I wrote paralell program based on a Strassen multiplication algorithm using pointers. this program return the result of multiplication of two matrices that are the same size. when the size is 256 , program fill about 1 GB of ram, and when it is 512 ram total\y become full and my windows doesn't work then I must restart.

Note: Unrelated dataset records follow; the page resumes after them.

-- ===== src/Stage4/Elf/Segment.antt =====
-- A segment in memory after `allocate`.
use miniature_os.Base.{
  ℕ, zero, suc, ◌+◌, ◌-◌, ◌*◌, ◌/◌, ◌%◌, ◌^◌, ◌≤◌, ◌<◌, ◌≡◌, ◌≢◌, ◌⊎◌, bit_or, refl, ap, ◌∙◌, arith,
}
use miniature_os.Base.{
  true, false, Run, ok, if◌then◌else◌, ltb, u64_mod, lt→ltb, le→leb, Bool-cases, ltb→lt, inl, inr,
}
use native.Mathlib.Decide.{ℕ_discrete}
use miniature_os.Memory.Address.{align_up, align_up_lem}
use miniature_os.Memory.Frame.{PhysicalFrame, size_4kib, range_collect}
use miniature_os.Memory.Frame.Laws.{
  containing_address_lem, range_collect_lem, range_ends, frames_from,
}
use miniature_os.Paging.Crates.{BitCrates}
use miniature_os.Paging.Table.{Memory}
use miniature_os.Paging.Mapper.{FrameAllocator, translated, translate_4kib}
use miniature_os.Paging.Mapper.Tree.{Owners}
use miniature_os.Paging.Mapper.Supply.{IsMapping, IsAllocator}
use miniature_os.Paging.Mapper.Enough.{HasFrames}
use miniature_os.Stage4.Elf.{
  Header, KernelLoader, Machine, Bytes, segment_flags, copied, map_frames, zero_rest, map_zeros,
  map_bss, allocate_segment,
}
use miniature_os.Stage4.Elf.Frames.{
  segment_flags-IsFlags, at_page, IsSpan, needed-eq, map_frames_lem,
}
use miniature_os.Stage4.Elf.Frames
use miniature_os.Stage4.Elf.Zeros.{
  machine, see, IsOk, Fewer, Same, NoPages, Holds, Holds-kept, Untouched, far, needed,
  map_zeros_lem, zero_rest_lem, fewer_four,
}

-- The pages of a segment behind those of the file.
zero_pages_lem :
    (v last count fuel : ℕ)
    → v + (last + 1 + count) * 4096 + 4096 < u64_mod
    → last + 1 + count + 1 < fuel
    → range_collect size_4kib fuel (record {
      start = at_page (v + (last + 1) * 4096);
      end = at_page (v + (last + count) * 4096);
    })
      ≡ ok (frames_from size_4kib (v + (last + 1) * 4096) count)
zero_pages_lem v last count zero small enough = absurd (omega arith)
zero_pages_lem v last zero (suc fuel) small enough =
    range_ends size_4kib fuel (v + (last + 1) * 4096) (v + (last + 0) * 4096) (omega arith)
zero_pages_lem v last (suc count) (suc fuel) small enough =
    let e : v + (last + suc count) * 4096 ≡ v + (last + 1) * 4096 + count * 4096 = omega arith in
    rw e (
      range_collect_lem size_4kib count (suc fuel) (v + (last + 1) * 4096) (omega arith)
        (omega arith))

-- Where a segment lies: from `d` bytes behind a page on, in the file (`p`) and in memory (`v`); its
-- last page of the file has the number `last`, and `count` pages follow.
pub record IsPlaced (loader : KernelLoader) (header : Header) (p v d last count : ℕ) : Type 0 where
  pub in_file : loader.kernel_start + header.offset ≡ p + d
  pub in_memory : loader.virtual_base + header.virtual_addr ≡ v + d
  pub small : d < 4096
  pub page : p % 4096 ≡ 0
  pub low : p + (last + 1) * 4096 ≤ 2 ^ 48
  pub sizes : header.file_size ≤ header.mem_size
  pub some_file : last * 4096 < d + header.file_size
  pub all_file : d + header.file_size ≤ (last + 1) * 4096
  pub some_memory : (last + count) * 4096 < d + header.mem_size
  pub all_memory : d + header.mem_size ≤ (last + 1 + count) * 4096
  pub span : IsSpan v (last + 1 + count)
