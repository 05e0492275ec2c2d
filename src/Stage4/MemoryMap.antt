-- ===== src/Stage4/MemoryMap.antt =====
-- `build_memory_map` (bootloader/x86_64/bios/stage4/src/main.rs): the memory map that the kernel
-- is given, an array of 32 places. `last_frame` is the last frame that the stage has allocated.
pub mod Free
pub mod Rounds
use miniature_os.Base.{ℕ, ◌+◌, ◌-◌, Option, none, some, List, [], ◌∷◌, Bool, true, false, not, ◌||◌}
use miniature_os.Base.{Run, ok, panic, ◌>>=◌, ◌>>◌, assert, sub, ltb, ◌==◌, if◌then◌else◌}
use miniature_os.Base.{length, set, replicate}
use miniature_os.Memory.Region.{
  E820MemoryRegion, e820_memory_region, PhysicalMemoryRegion, PhysicalMemoryRegionType,
  into_physical,
}
use miniature_os.Memory.Frame.{PageSize, PhysicalFrame, frame_end}
open e820_memory_region use {start, end_of, contains, is_usable}

-- `[Option<PhysicalMemoryRegion>; 0x20]`.
abbrev pub Regions : Type 0
Regions = List (Option PhysicalMemoryRegion)

-- `new_regions[idx] = Some(region)`: an index out of range panics.
unfoldable pub put : Regions → ℕ → PhysicalMemoryRegion → Run Regions
put new_regions idx region =
    if ltb idx (length new_regions) then ok (set new_regions idx (some region)) else panic

abbrev pub region_of : ℕ → ℕ → PhysicalMemoryRegionType → PhysicalMemoryRegion
region_of start size typ = record { start = start; size = size; typ = typ }

module _ (S : PageSize) (last_frame : PhysicalFrame S) where
  -- The region that holds the last frame: its used part, and the rest if there is one.
  unfoldable pub split_region : E820MemoryRegion → Regions → ℕ → Run (Regions × ℕ)
  split_region region new_regions idx = do
    last_end ← frame_end S last_frame
    used ← sub last_end (start region)
    new_regions' ←
        put new_regions idx (region_of (start region) used PhysicalMemoryRegionType.reserved)
    end ← end_of region
    if not (last_end == end)
        then (do
          left ← sub end last_end
          new_regions'' ←
              put new_regions' (idx + 1) (region_of last_end left PhysicalMemoryRegionType.free)
          ok (new_regions'', idx + 2))
        else ok (new_regions', idx + 1)

  -- One round of the loop; the last part says whether it ends by `continue`.
  unfoldable pub add_region : E820MemoryRegion → Regions → ℕ → Run (Regions × ℕ × Bool)
  add_region region new_regions idx =
      if not (is_usable region)
      then (do
        new_regions' ← put new_regions idx (into_physical region)
        ok (new_regions', idx + 1, false))
      else if start region == 0
      then (do
        new_regions' ←
            put new_regions idx
              (record (into_physical region) { typ = PhysicalMemoryRegionType.reserved })
        ok (new_regions', idx, true))
      else (do
        inside ← contains region last_frame.address
        if inside
            then (do
              (new_regions', idx') ← split_region region new_regions idx
              ok (new_regions', idx', false))
            else (do
              new_regions' ← put new_regions idx (into_physical region)
              ok (new_regions', idx + 1, false)))

  -- The loop, from the state of an earlier round on.
  unfoldable pub add_regions : List E820MemoryRegion → Regions → ℕ → Run Regions
  add_regions [] new_regions idx = ok new_regions
  add_regions (region ∷ regions) new_regions idx = do
    (new_regions', idx', continued) ← add_region region new_regions idx
    assert (continued || ltb idx' (length new_regions'))
    add_regions regions new_regions' idx'

  unfoldable pub build_memory_map : List E820MemoryRegion → Run Regions
  build_memory_map regions = add_regions regions (replicate 32 none) 0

I replace whole pointers with vectors then incredibly Ram usage decreased!.for 1024 size , just 80 MB of ram used.
I know a little about vector that is bound statically at first then if we need more space during runtime its bound dynamically.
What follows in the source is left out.